Loki is like a Chameleon, both in personality and color (that is what is nice about the sables).

Whatever I get next, I want an all black dog, wether it's DDR or a Dutchie (which is top choice).

LOL, just need to have permission to pull the trigger







on another dog (hi Patti).

You will love a boy Jane, they are so sensitive and gentle









This place had some really nice litters of Dutchies when I got Loki, they were all black, and full of personality, and little biters









http://www.libertyhoevekennels.com/home.html


----------



## Kayos and Havoc (Oct 17, 2002)

You know I have had W German showlines and Am showlines. I just lie the Am showlines. I will be looking at Am showlines again next time around I think.


----------



## lhczth (Apr 5, 2000)

My next pup will be just like all of my dogs. Mostly west German working mixed with a little bit of Dutch.


----------



## BlackGSD (Jan 4, 2005)

Since I could only choose one, I didn't vote.

Most likely if I ever get another GSD will be a DDR/Czech "combo" like Siren, and a male. 

But I might get a different breed. And none of the ones on the poll.


----------



## Amaruq (Aug 29, 2001)

I didn't vote either since my next pup will probably be at least 50% DDR (not sure yet about the other 50%) or a working line or working line mixed with DDR and/or Czech/Slovak. 

Leaning towards another male next go around but I am not 100% certain on that yet either.









Yes, I am indecisive, of that I am 100% certain.


----------



## angelaw (Dec 14, 2001)

working line with some ddr in the back end have 3 I'm looking at and watching.


----------



## sprzybyl (May 15, 2008)

i'm gonna rescue, probably, although we talk about going back to Riley's breeder, too.

I have always had females so i'm more inclined to want one, but then again, I HAVE one so i might be up for a male. maybe... 

lol


----------



## lhczth (Apr 5, 2000)

Guess I forgot to mention what sex though anyone that knows me knows the answer.


----------



## MustLoveGSDs (Oct 31, 2008)

I voted for a male Dutch Shepherd

I looooove the brindle and the Dutchies are too adorable and seem like awesome dogs.

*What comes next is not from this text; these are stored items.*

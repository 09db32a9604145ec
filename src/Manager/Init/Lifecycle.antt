-- ===== src/Manager/Init/Lifecycle.antt =====
-- From `mem_init` to `mem_deinit`.
use assignment2_c.Prelude.{
  ℕ, ◌+◌, ◌^◌, ◌<◌, ◌≡◌, ◌≢◌, refl, true, false, Option, none, some, [], ◌∷◌, ◌==◌, Bool-cases, inl,
  inr, ==_of_ne, eq_of_==, ne_of_==,
}
use assignment2_c.Manager.{
  Adress, null, MemoryBlock, Manager, ok, fault, read, write, write_size, write_used, write_start,
}
use assignment2_c.Manager.Layout.{block, IsValid}
use assignment2_c.Manager.Init.{mem_init, mem_deinit}
use assignment2_c.Manager.Alloc.{Realloc, mem_alloc}
use assignment2_c.Manager.Free.{mem_free}
use assignment2_c.Manager.Resize.{mem_resize}

-- No pool is in use, and the lock is not initialised.
pub record IsEmpty (s : Manager) : Type 0 where
  pub no_start : s.mem_pool_start ≡ null
  pub no_blocks : s.memory_blocks_size ≡ 0
  pub no_lock : s.lock_ready ≡ false

-- A state between two calls: without a pool there are no blocks and no lock, and with a pool the lock is
-- initialised and not held.
pub record IsSound (s : Manager) : Type 0 where
  pub without_pool : s.mem_pool_start ≡ null → IsEmpty s
  pub with_pool : s.mem_pool_start ≢ null → (s.lock_ready ≡ true) × (s.lock_depth ≡ 0)

-- The state that `mem_init` leaves when both calls of `malloc` succeed.
abbrev pub one_block : Manager → Adress → ℕ → Manager
one_block s temp size = record s {
  mem_pool_start = temp;
  mem_pool_size = size;
  memory_blocks = block temp size false ∷ [];
  memory_blocks_size = 1;
  lock_depth = 0;
  lock_ready = true;
}

module _ (s : Manager) (sound : IsSound s) (temp : Adress) (ne : temp ≢ null) (size : ℕ) where
  started_with :
      (cell : MemoryBlock) → mem_init temp (some cell) size s ≡ ok tt (one_block s temp size)
  unfolding mem_init write_size write_used write_start read write
  started_with cell = elim (Bool-cases (s.mem_pool_start == null)) [
    | inl fresh ↦
        let empty = sound.without_pool (eq_of_== _ _ fresh) in
        rw (fresh, ==_of_ne temp null ne, empty.no_blocks, empty.no_lock)
    | inr again ↦
        let (ready, depth) = sound.with_pool (ne_of_== _ _ again) in
        rw (again, ready, depth, ==_of_ne temp null ne)
  ]

  -- `mem_init` writes to the array without a look at what `malloc` answered: when there is memory for
  -- the pool and none for the array, it writes through `NULL`, from every state between two calls.
  pub mem_init-fault : mem_init temp none size s ≡ fault
  unfolding mem_init write_size read
  mem_init-fault = elim (Bool-cases (s.mem_pool_start == null)) [
    | inl fresh ↦ rw (fresh, ==_of_ne temp null ne)
    | inr again ↦
        let (ready, depth) = sound.with_pool (ne_of_== _ _ again) in
        rw (again, ready, depth, ==_of_ne temp null ne)
  ]

  -- When both calls of `malloc` succeed, `mem_init` returns, between two other calls, from a
  -- state with no pool and from one with a pool that it first removes. A pool of at least one byte that ends in the address space is
  -- then valid, and its one free block fills it; the lock is initialised and not held.
  pub mem_init-IsValid :
      (cell : MemoryBlock)
      → 0 < size
      → temp + size < 2 ^ 64
      → (mem_init temp (some cell) size s ≡ ok tt (one_block s temp size))
        × IsValid (one_block s temp size) (block temp size false ∷ [])
  mem_init-IsValid cell pos small = (
    started_with cell,
    record { started = ne; tiling = (refl, pos, refl); merged = (refl, tt); in_range = small },
  )

-- Every call locks a lock that is not initialised.
pub record IsUnusable (realloc : Realloc) (s : Manager) : Type 0 where
  pub no_alloc : (size : ℕ) → mem_alloc realloc size s ≡ fault
  pub no_free : (p : Adress) → mem_free p s ≡ fault
  pub no_resize : (p : Adress) (size : ℕ) → mem_resize realloc p size s ≡ fault

IsEmpty-IsUnusable : (realloc : Realloc) (s : Manager) → IsEmpty s → IsUnusable realloc s
unfolding mem_alloc mem_free mem_resize
IsEmpty-IsUnusable realloc s empty = record {
  no_alloc = λ size. rw (mem_alloc, empty.no_lock);
  no_free = λ p. rw (mem_free, empty.no_lock);
  no_resize = λ p size. rw (mem_resize, empty.no_lock);
}

abbrev pub emptied : Manager → Manager
emptied s = record s {
  mem_pool_start = null;
  memory_blocks = [];
  memory_blocks_size = 0;
  mem_pool_size = 0;
  lock_ready = false;
}

-- From a state between two calls `mem_deinit` returns, and then there is no pool and the lock is
-- destroyed: every `mem_alloc`, `mem_free` and `mem_resize` uses the destroyed lock, which is
-- undefined, and a second `mem_deinit` does nothing.
pub mem_deinit-IsEmpty :
    (realloc : Realloc) (s : Manager)
    → IsSound s
    → (t : Manager) × (mem_deinit s ≡ ok tt t)
      × IsEmpty t
      × IsUnusable realloc t
      × (mem_deinit t ≡ ok tt t)
unfolding mem_deinit
mem_deinit-IsEmpty realloc s sound = elim (Bool-cases (s.mem_pool_start == null)) [
  | inl none_there ↦
      let empty = sound.without_pool (eq_of_== _ _ none_there) in
      (s, rw none_there, empty, IsEmpty-IsUnusable realloc s empty, rw none_there)
  | inr there ↦
      let (ready, depth) = sound.with_pool (ne_of_== _ _ there) in
      let empty : IsEmpty (emptied s) = record {
        no_start = refl;
        no_blocks = refl;
        no_lock = refl;
      } in
      (
        emptied s,
        rw (there, ready, depth),
        empty,
        IsEmpty-IsUnusable realloc (emptied s) empty,
        refl,
      )
]

-- When `malloc` has no memory for the pool, `mem_init` returns from a state between two calls, and there
-- is no pool, whatever there was before, and no initialised lock: every `mem_alloc`, `mem_free` and
-- `mem_resize` after that uses the lock, which is undefined.
pub mem_init-IsEmpty :
    (realloc : Realloc) (answer : Option MemoryBlock) (n : ℕ) (s : Manager)
    → IsSound s
    → (t : Manager) × (mem_init null answer n s ≡ ok tt t) × IsEmpty t × IsUnusable realloc t
unfolding mem_init
mem_init-IsEmpty realloc answer n s sound = elim (Bool-cases (s.mem_pool_start == null)) [
  | inl fresh ↦
      let before = sound.without_pool (eq_of_== _ _ fresh) in
      let t : Manager = record s { mem_pool_size = n } in
      let empty : IsEmpty t = record {
        no_start = before.no_start;
        no_blocks = before.no_blocks;
        no_lock = before.no_lock;
      } in
      (t, rw fresh, empty, IsEmpty-IsUnusable realloc t empty)
  | inr again ↦
      let (ready, depth) = sound.with_pool (ne_of_== _ _ again) in
      let t : Manager = record (emptied s) { mem_pool_size = n } in
      let empty : IsEmpty t = record { no_start = refl; no_blocks = refl; no_lock = refl } in
      (t, rw (again, ready, depth), empty, IsEmpty-IsUnusable realloc t empty)
]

I have no clue how to spot the different lines when I see a GSD. Can anyone tell what lines my rescue black GSD is from by pictures?


----------



## lcht2 (Jan 8, 2008)

ill probably be going with a malinois. at least thats what ill be shooting for. if i do come across a good GSD i will also take that in a heart beet


----------



## Liesje (Mar 4, 2007)

If I had to pick right now, west German (or Dutch or Belgian) working lines. Male.


----------



## SunCzarina (Nov 24, 2000)

I love my cuddly, cool, stocky DDR boys but like the looks of a flowing blonde willowy w german working girls. LOL, becuase it's what I have now and she's too cool.

I went with german working female becuase I'm not exactly sure. I like having a male female pair and since MOrgan is 7 and Otto is 8 months, the next will probably be female. But that's 6 or 7 years from now so it's entirely subject to change!


----------



## littledmc17 (Apr 9, 2008)

I love my Big DDR boy he is a ham and love him to death!!


----------



## wolfstraum (May 2, 2003)

Well - I will probably hang onto a pup from Csabre and Django - female of course! So all European lines - Csabre is DDR (with some Czech!) and WGR, and Django is an Ufo son - so Belgian - Django is line bred on Estera Tiekerhook - the lines are mixed so much on the European lines - so there will be a little Dutch/German/Czech/DDR/
Belgian...

Lee


----------



## LARHAGE (Jul 24, 2006)

I have a deposit down on a female West German Showline, I like the structure, type and looks of this line. I absolutely love the deep red and black coloring as well.


----------



## KCandMace (Apr 8, 2008)

We will always have a GSD bred in Europe. Nothing against any of the breeders here. But that is the way my husband wants it. 
We will always have a working line GSD, whether it be East, West or Czech. 
I love my males better but hubby really would like a female again.
The boys will be 1 tomorrow. We have a long time before we get another.


----------